[[ EXERCISE MATERIAL, beginning ]]

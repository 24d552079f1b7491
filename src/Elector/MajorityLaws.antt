-- ===== src/Elector/MajorityLaws.antt =====
-- A record that a majority of the cluster holds, and the Primary that is elected after it.
use mathlib.Core.List.{Memᴰ}
use netsy.Base.{
  ℕ, suc, ◌+◌, ◌*◌, ◌/◌, ◌≤◌, ◌<◌, ◌≡◌, refl, sym, ap, ◌∙◌, String, Bool, true, false, none, some,
  List, [], ◌∷◌, ◌++◌, ◌||◌, ◌⊎◌, inl, inr, arith, All, Bool-cases, Option-cases, length,
  length-append, negsuc, ℤ, eq_iff,
}
use netsy.Primary.Quorum.{contains}
use netsy.Primary.Receipts.{NoRepeat, AllIn, length-AllIn}
use netsy.Elector.Election.{
  Candidate, Election, ElectionError, ok, err, Entry, Previous, check_previous_primary, contacted,
  enough_contacted, collect_node_states, filter_candidates, is_active, is_healthy, choose,
  choose_primary, elect_primary_once,
}
use netsy.Elector.ElectionLaws.{IsLatest, choose_primary-IsPicked}

abbrev pub entry_ids : List Entry → List String
entry_ids [] = []
entry_ids (e ∷ es) = e.from_map.info.node_id ∷ entry_ids es

abbrev pub candidate_ids : List Candidate → List String
candidate_ids [] = []
candidate_ids (c ∷ cs) = c.info.node_id ∷ candidate_ids cs

-- A node that answers is the one of its entry.
abbrev pub Answers : Entry → Type 0
Answers e = (c : Candidate) → e.contact ≡ some c → c.info.node_id ≡ e.from_map.info.node_id

contains-append :
    (x : String) (xs ys : List String) → contains x (xs ++ ys) ≡ (contains x xs || contains x ys)
unfolding contains
contains-append x [] ys = refl
contains-append x (y ∷ xs) ys = ground (arith, contains-append x xs ys)

-- The first holder among candidates.
holds_any : List String → List Candidate → Bool
holds_any ids [] = false
holds_any ids (c ∷ cs) = let rest = holds_any ids cs in contains c.info.node_id ids || rest

holds_any-found :
    (ids : List String) (cs : List Candidate)
    → holds_any ids cs ≡ true
    → (c : Candidate) × Memᴰ c cs × (contains c.info.node_id ids ≡ true)
unfolding holds_any
holds_any-found ids [] h = cc
holds_any-found ids (c ∷ cs) h = elim (Bool-cases (contains c.info.node_id ids)) [
  | inl here ↦ (c, Memᴰ.head refl, here)
  | inr later ↦
      let (d, there, held) = holds_any-found ids cs (ground arith) in (d, Memᴰ.tail there, held)
]

disjoint-NoRepeat :
    (ids : List String) (cs : List Candidate)
    → holds_any ids cs ≡ false
    → NoRepeat ids
    → NoRepeat (candidate_ids cs)
    → NoRepeat (candidate_ids cs ++ ids)
unfolding holds_any
disjoint-NoRepeat ids [] h once each = once
disjoint-NoRepeat ids (c ∷ cs) h once each = (
  ground (arith, contains-append c.info.node_id (candidate_ids cs) ids, each.0),
  disjoint-NoRepeat ids cs (ground arith) once each.1,
)

AllIn-append : (xs ys zs : List String) → AllIn xs zs → AllIn ys zs → AllIn (xs ++ ys) zs
AllIn-append [] ys zs h k = k
AllIn-append (x ∷ xs) ys zs h k = (h.0, AllIn-append xs ys zs h.1 k)

AllIn-cons : (x : String) (xs ys : List String) → AllIn xs ys → AllIn xs (x ∷ ys)
unfolding contains
AllIn-cons x [] ys h = tt
AllIn-cons x (y ∷ xs) ys h = (ground (arith, h.0), AllIn-cons x xs ys h.1)

contains-AllIn :
    (x : String) (xs ys : List String) → AllIn xs ys → contains x ys ≡ false → contains x xs ≡ false
unfolding contains
contains-AllIn x [] ys h e = refl
contains-AllIn x (y ∷ xs) ys h e = ground (arith, eq_iff y x, h.0, contains-AllIn x xs ys h.1 e)

contains-first : (x y : String) (ys : List String) → x ≡ y → contains x (y ∷ ys) ≡ true
unfolding contains
contains-first x y ys e = ground (arith, eq_iff y x)

too_many : (a h n : ℕ) → n / 2 + 1 ≤ a → a + h ≤ n → n < 2 * h → ⊥
too_many a h n le all most = omega arith

half : (a n : ℕ) → enough_contacted (negsuc 0) a n ≡ true → n / 2 + 1 ≤ a
unfolding enough_contacted
half a n h = ground arith

-- The nodes that answer are nodes of the map, each once.
contacted-ids :
    (es : List Entry)
    → NoRepeat (entry_ids es)
    → All Answers es
    → NoRepeat (candidate_ids (contacted es)) × AllIn (candidate_ids (contacted es)) (entry_ids es)
unfolding contacted
contacted-ids [] once each = (tt, tt)
contacted-ids (e ∷ es) once each =
    let (distinct, known) = contacted-ids es once.1 each.1 in
    elim (Option-cases e.contact) [
      | inl silent ↦ rw (silent, contacted) (distinct, AllIn-cons e.from_map.info.node_id _ _ known)
      | inr (c, found) ↦
          let same = each.0 c found in
          let new = contains-AllIn e.from_map.info.node_id _ _ known once.0 in
          rw (found, contacted)
            (
              (rw same new, distinct),
              (
                contains-first c.info.node_id e.from_map.info.node_id (entry_ids es) same,
                AllIn-cons e.from_map.info.node_id _ _ known,
              ),
            )
    ]

length-ids : (cs : List Candidate) → length (candidate_ids cs) ≡ length cs
length-ids [] = refl
length-ids (c ∷ cs) = ap suc (length-ids cs)

length-entry_ids : (es : List Entry) → length (entry_ids es) ≡ length es
length-entry_ids [] = refl
length-entry_ids (e ∷ es) = ap suc (length-entry_ids es)

module _ (es : List Entry) (holders : List String) (once : NoRepeat (entry_ids es))
    (each : All Answers es) (distinct : NoRepeat holders)
    (registered : AllIn holders (entry_ids es)) (majority : length es < 2 * length holders)
    (enough : enough_contacted (negsuc 0) (length (contacted es)) (length es) ≡ true) where
  -- More than half of the nodes answer, so one of the holders does.
  answering_holder :
      (c : Candidate) × Memᴰ c (contacted es) × (contains c.info.node_id holders ≡ true)
  answering_holder = elim (Bool-cases (holds_any holders (contacted es))) [
    | inl some_one ↦ holds_any-found holders (contacted es) some_one
    | inr no_one ↦
        let ids = candidate_ids (contacted es) in
        let (each_once, known) = contacted-ids es once each in
        let apart = disjoint-NoRepeat holders (contacted es) no_one distinct each_once in
        let bound =
          length-AllIn (ids ++ holders) (entry_ids es) apart
            (AllIn-append ids holders (entry_ids es) known registered) in
        absurd (
          too_many (length (contacted es)) (length holders) (length es)
            (half (length (contacted es)) (length es) enough)
            (omega (
              arith,
              bound,
              length-append ids holders,
              length-ids (contacted es),
              length-entry_ids es,
            ))
            majority)
  ]

choose-inv :
    (x : Election (List Candidate)) (c : Candidate)
    → choose x ≡ ok c
    → (cs : List Candidate) × (x ≡ ok cs) × (choose_primary cs ≡ ok c)
choose-inv (err e) c h = cc
choose-inv (ok cs) c h = (cs, refl, h)

free-elect :
    (previous : Previous) (quorum : ℤ) (es : List Entry)
    → check_previous_primary previous ≡ none
    → elect_primary_once previous quorum es ≡ choose (collect_node_states quorum es)
unfolding elect_primary_once
free-elect previous quorum es free = rw (free, elect_primary_once) refl

busy-elect :
    (previous : Previous) (quorum : ℤ) (es : List Entry) (e : ElectionError)
    → check_previous_primary previous ≡ some e
    → elect_primary_once previous quorum es ≡ err e
unfolding elect_primary_once
busy-elect previous quorum es e busy = rw (busy, elect_primary_once) refl

collect-inv :
    (es : List Entry) (cs : List Candidate)
    → collect_node_states (negsuc 0) es ≡ ok cs
    → (enough_contacted (negsuc 0) (length (contacted es)) (length es) ≡ true) × (contacted es ≡ cs)
unfolding collect_node_states
collect-inv es cs h = ground arith

err-not-ok : (e : ElectionError) (c : Candidate) → ¬ (err e ≡ ok c)
err-not-ok e c h = cc

elect-inv :
    (previous : Previous) (es : List Entry) (c : Candidate)
    → elect_primary_once previous (negsuc 0) es ≡ ok c
    → (enough_contacted (negsuc 0) (length (contacted es)) (length es) ≡ true)
      × (choose_primary (contacted es) ≡ ok c)
elect-inv previous es c h = elim (Option-cases (check_previous_primary previous)) [
  | inr (e, busy) ↦ absurd (err-not-ok e c (sym (busy-elect previous (negsuc 0) es e busy) ∙ h))
  | inl free ↦
      let (cs, found, chosen) =
        choose-inv (collect_node_states (negsuc 0) es) c
          (sym (free-elect previous (negsuc 0) es free) ∙ h) in
      let (enough, same) = collect-inv es cs found in (enough, ap choose_primary same ∙ chosen)
]

Mem-filter :
    (p : Candidate → Bool) (c : Candidate) (cs : List Candidate)
    → p c ≡ true
    → Memᴰ c cs
    → Memᴰ c (filter_candidates p cs)
unfolding filter_candidates
Mem-filter p c [] e m = m
Mem-filter p c (d ∷ cs) e (Memᴰ.head is) = rw (ap p (sym is) ∙ e) (Memᴰ.head is)
Mem-filter p c (d ∷ cs) e (Memᴰ.tail m) = elim (Bool-cases (p d)) [
  | inl kept ↦ simp kept (Memᴰ.tail (Mem-filter p c cs e m))
  | inr dropped ↦ simp dropped (Mem-filter p c cs e m)
]

IsLatest-Mem :
    (c d : Candidate) (cs : List Candidate)
    → IsLatest c cs
    → Memᴰ d cs
    → d.latest_revision ≤ c.latest_revision
IsLatest-Mem c d [] h m = elim m [ ]
IsLatest-Mem c d (x ∷ cs) h (Memᴰ.head e) =
    let same = ap (λ (y : Candidate). y.latest_revision) e in omega (arith, same, h.0)
IsLatest-Mem c d (x ∷ cs) h (Memᴰ.tail m) = IsLatest-Mem c d cs h.1 m

-- Take a cluster with the automatic quorum in which more than half of the nodes hold a revision. If
-- every holder that answers is healthy and reports at least that revision, the elected Primary does
-- too, unless it is the one node that already is the active Primary.
pub elect_primary_once-majority :
    (previous : Previous) (es : List Entry) (holders : List String) (rev : ℕ) (c : Candidate)
    → NoRepeat (entry_ids es)
    → All Answers es
    → NoRepeat holders
    → AllIn holders (entry_ids es)
    → length es < 2 * length holders
    → ((d : Candidate)
        → Memᴰ d (contacted es)
        → contains d.info.node_id holders ≡ true
        → (is_healthy d ≡ true) × (rev ≤ d.latest_revision))
    → elect_primary_once previous (negsuc 0) es ≡ ok c
    → (filter_candidates is_active (contacted es) ≡ c ∷ []) ⊎ (rev ≤ c.latest_revision)
elect_primary_once-majority previous es holders rev c once each distinct known most fresh h =
    let (enough, chosen) = elect-inv previous es c h in
    let (d, there, held) = answering_holder es holders once each distinct known most enough in
    let (well, has) = fresh d there held in
    elim (choose_primary-IsPicked (contacted es) c chosen).reason [
      | inl alone ↦ inl alone
      | inr (fit, latest, free) ↦
          let le =
            IsLatest-Mem c d (filter_candidates is_healthy (contacted es)) latest
              (Mem-filter is_healthy d (contacted es) well there) in
          inr (omega (arith, le, has))
    ]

[[ EXERCISE MATERIAL, end ]]

- [TASK ITEM]: In the listing above, start at the line with "let same = ap", go on through the line with "IsLatest-Mem c d (filter_candidates", and copy each of those lines exactly; leave out all the rest.

- [THE ANSWER]:
    let same = ap (λ (y : Candidate). y.latest_revision) e in omega (arith, same, h.0)
IsLatest-Mem c d (x ∷ cs) h (Memᴰ.tail m) = IsLatest-Mem c d cs h.1 m

-- Take a cluster with the automatic quorum in which more than half of the nodes hold a revision. If
-- every holder that answers is healthy and reports at least that revision, the elected Primary does
-- too, unless it is the one node that already is the active Primary.
pub elect_primary_once-majority :
    (previous : Previous) (es : List Entry) (holders : List String) (rev : ℕ) (c : Candidate)
    → NoRepeat (entry_ids es)
    → All Answers es
    → NoRepeat holders
    → AllIn holders (entry_ids es)
    → length es < 2 * length holders
    → ((d : Candidate)
        → Memᴰ d (contacted es)
        → contains d.info.node_id holders ≡ true
        → (is_healthy d ≡ true) × (rev ≤ d.latest_revision))
    → elect_primary_once previous (negsuc 0) es ≡ ok c
    → (filter_candidates is_active (contacted es) ≡ c ∷ []) ⊎ (rev ≤ c.latest_revision)
elect_primary_once-majority previous es holders rev c once each distinct known most fresh h =
    let (enough, chosen) = elect-inv previous es c h in
    let (d, there, held) = answering_holder es holders once each distinct known most enough in
    let (well, has) = fresh d there held in
    elim (choose_primary-IsPicked (contacted es) c chosen).reason [
      | inl alone ↦ inl alone
      | inr (fit, latest, free) ↦
          let le =
            IsLatest-Mem c d (filter_candidates is_healthy (contacted es)) latest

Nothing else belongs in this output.